Segment Start: Excerpted data
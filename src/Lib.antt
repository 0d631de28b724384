-- ===== src/Lib.antt =====
-- Verification library for the zenux services: the daemons that give measuring modules access to
-- the error calculators, the adjustment memories and the signal processor of a device.
--
-- The parts, and the files that model them:
-- - Prelude: shared names, lists, Boolean tests, bits of words (Prelude/Bits), texts as lists of
--   codes (Prelude/Text), signed integers (Prelude/Int), maps and sets of numbers (Prelude/Maps).
-- - Scpi: the answers of zenux-service-common/lib/scpi-interfaces and the fields of a
--   `ProtonetCommand`. The SCPI parser, `QString::toInt` and `toULong` are fields of `ScpiLib`.
-- - Notifier: `NotificationValue` of zenux-service-common/lib/async-notifications.
-- - Settings: the settings of a measuring channel, of zenux-service-common/lib/settings/sensesettings.h.
-- - Hotplug: the controllers on the plugs of clamps. Hotplug/Container models
--   `HotPluggableControllerContainer` of zenux-service-common/lib/micro-controller-io, Hotplug/Commands
--   and Hotplug/Hex `HotplugControllerInterface` of zenux-service-common/lib/scpi-interfaces. The
--   controllers on the I2C bus are a function that may answer.
-- - Clamp: `cClampInterface` of zenux-service-common/lib/scpi-interfaces/clampinterface.cpp; what the
--   EEPROM of a clamp answers is a parameter.
-- - Client: the side of the clients, zenux-service-interfaces/lib. Client/Messages models the numbers of
--   messages and `cInterfacePrivate`, Client/Pcb the calls of `cPCBInterfacePrivate` and what their
--   answers become, Client/Ecalc and Client/Rm the interfaces of sec1000d and of the resource manager,
--   Client/VarGroup the groups of variables of zenux-service-interfaces/lib/dsp, and
--   Client/Proxy `ProxyPrivate`, by which clients share connections. What `new` and
--   `createUuid` give is an argument, not in use yet.
-- - Sec: the daemon sec1000d. Sec/Channel and Sec/Commands model `SecChannel`
--   (sec1000d/lib/scpi-interfaces/secchannel.cpp): one function per SCPI handler, with the channel, the
--   device node and the answer in its result. Sec/Conf holds the words that SYNC, MUX and CMDID write.
--   Sec/Allocation models `SecMainAndChannelInterface`, the pool of the channels, and Sec/Interrupts
--   the interrupt handler of sec1000d/lib/sec1000d.cpp. The kernel driver is a parameter
--   (Sec/Device), with the laws of a register file where a theorem needs them.
-- - Eeprom: `EepromI2c24LCxxx` of i2ceeprom/lib. Eeprom/Bus has the I2C transfers as a parameter and the
--   chip as laws from its data sheet, Eeprom/Driver the loops.
-- - Adjustment: `AdjustmentEepromReadWrite` of zenux-service-common/lib/adjustment, on an abstract
--   memory; Adjustment/Memory shows that the EEPROM driver is one. `qChecksum` and the file system
--   of the cache are parameters.
-- - Dsp: the daemon zdsp1d. Dsp/Clients models `ZDspClientContainer`, Dsp/Interrupts its dispatch of
--   interrupts, Dsp/Upload the way of the command lists to the processor (zdsp1d/lib/zdspserver.cpp), over
--   Dsp/DeviceInOut,
--   Dsp/Table and Dsp/Words the commands of zdsp1d/lib/dspapi.cpp, Dsp/Resolver and Dsp/Compiler the
--   command compiler of zdsp1d/lib/dspvarresolver.cpp and dspcmdcompiler.cpp, and Dsp/Layout
--   `ZdspClient::calcVarAdressesAndSizes` with the loop of zdsp1d/lib/zdspserver.cpp over the clients.
--   The keyword parser and the number parsers of Qt are parameters of the compiler.
--   Dsp/DeviceInOut models the reading and writing of variables in zdsp1d/lib/dspvardevicenodeinout.cpp.
-- - Pcb: the notifiers of `PCBServer` of zenux-service-common/lib/scpi-interfaces/pcbserver.cpp, and the
--   subscriber handlers of zenux-service-common/lib/scpi-protobuf. What a query names is a parameter.
-- - Tests: each theorem at concrete values.
--
-- The channels of Sec report to Notifier; the pool of Sec/Allocation calls `free` of Sec/Channel, and
-- the interrupt handler its `set_int_reg`; Adjustment calls Eeprom through the record `AdjMemory`;
-- Dsp/Interrupts looks its clients up in the tables of Dsp/Clients, and Dsp/Compiler its variables in
-- the table of Dsp/Resolver and its commands in Dsp/Table; Hotplug and Clamp read the plug bits of
-- Settings; Client/Pcb sends and decodes by Client/Messages; the texts of Client/VarGroup are those that
-- Dsp/DeviceInOut takes apart, and the other way round.
--
-- Numbers are natural numbers with the wrap-around of the source written out: 32 bits for registers
-- and addresses, 16 bits for EEPROM counts and addresses and for interrupt numbers. Loops over lists
-- are structural. The loops of the EEPROM driver run on fuel, one more than the bytes to move, which
-- suffices because each round moves one byte at least; the polling has the 100 rounds of the source.
--
-- The numbers of messages have 32 bits and skip 0. A number below 2 ^ 16 is printed in hexadecimal with
-- fuel for 5 digits, and n in decimal with fuel n + 1, of which each digit takes one.
--
-- Not modelled: sockets, Qt signals and start-up, log lines and waiting, statistics, the registration
-- of commands; the sense channels and ranges and the adjustment coefficients, which compute with
-- floating point numbers, the XML of clamps, the client's DSP interface, the services of COM5003 and
-- MT310s2, and the log services.
pub mod Prelude
pub mod Scpi
pub mod Settings
pub mod Notifier
pub mod Hotplug
pub mod Clamp
pub mod Client
pub mod Sec
pub mod Eeprom
pub mod Adjustment
pub mod Dsp
pub mod Pcb
pub mod Tests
Segment End: Excerpted data
Task description: Your task is to set down only the lines that run from the opening of the listing to the line with "-- - Scpi: the", both ends included, each unchanged.

Answer for this exercise:
filename src/Lib.antt
repository 0d631de28b724384
-- ===== src/Lib.antt =====
-- Verification library for the zenux services: the daemons that give measuring modules access to
-- the error calculators, the adjustment memories and the signal processor of a device.
--
-- The parts, and the files that model them:
-- - Prelude: shared names, lists, Boolean tests, bits of words (Prelude/Bits), texts as lists of
--   codes (Prelude/Text), signed integers (Prelude/Int), maps and sets of numbers (Prelude/Maps).
-- - Scpi: the answers of zenux-service-common/lib/scpi-interfaces and the fields of a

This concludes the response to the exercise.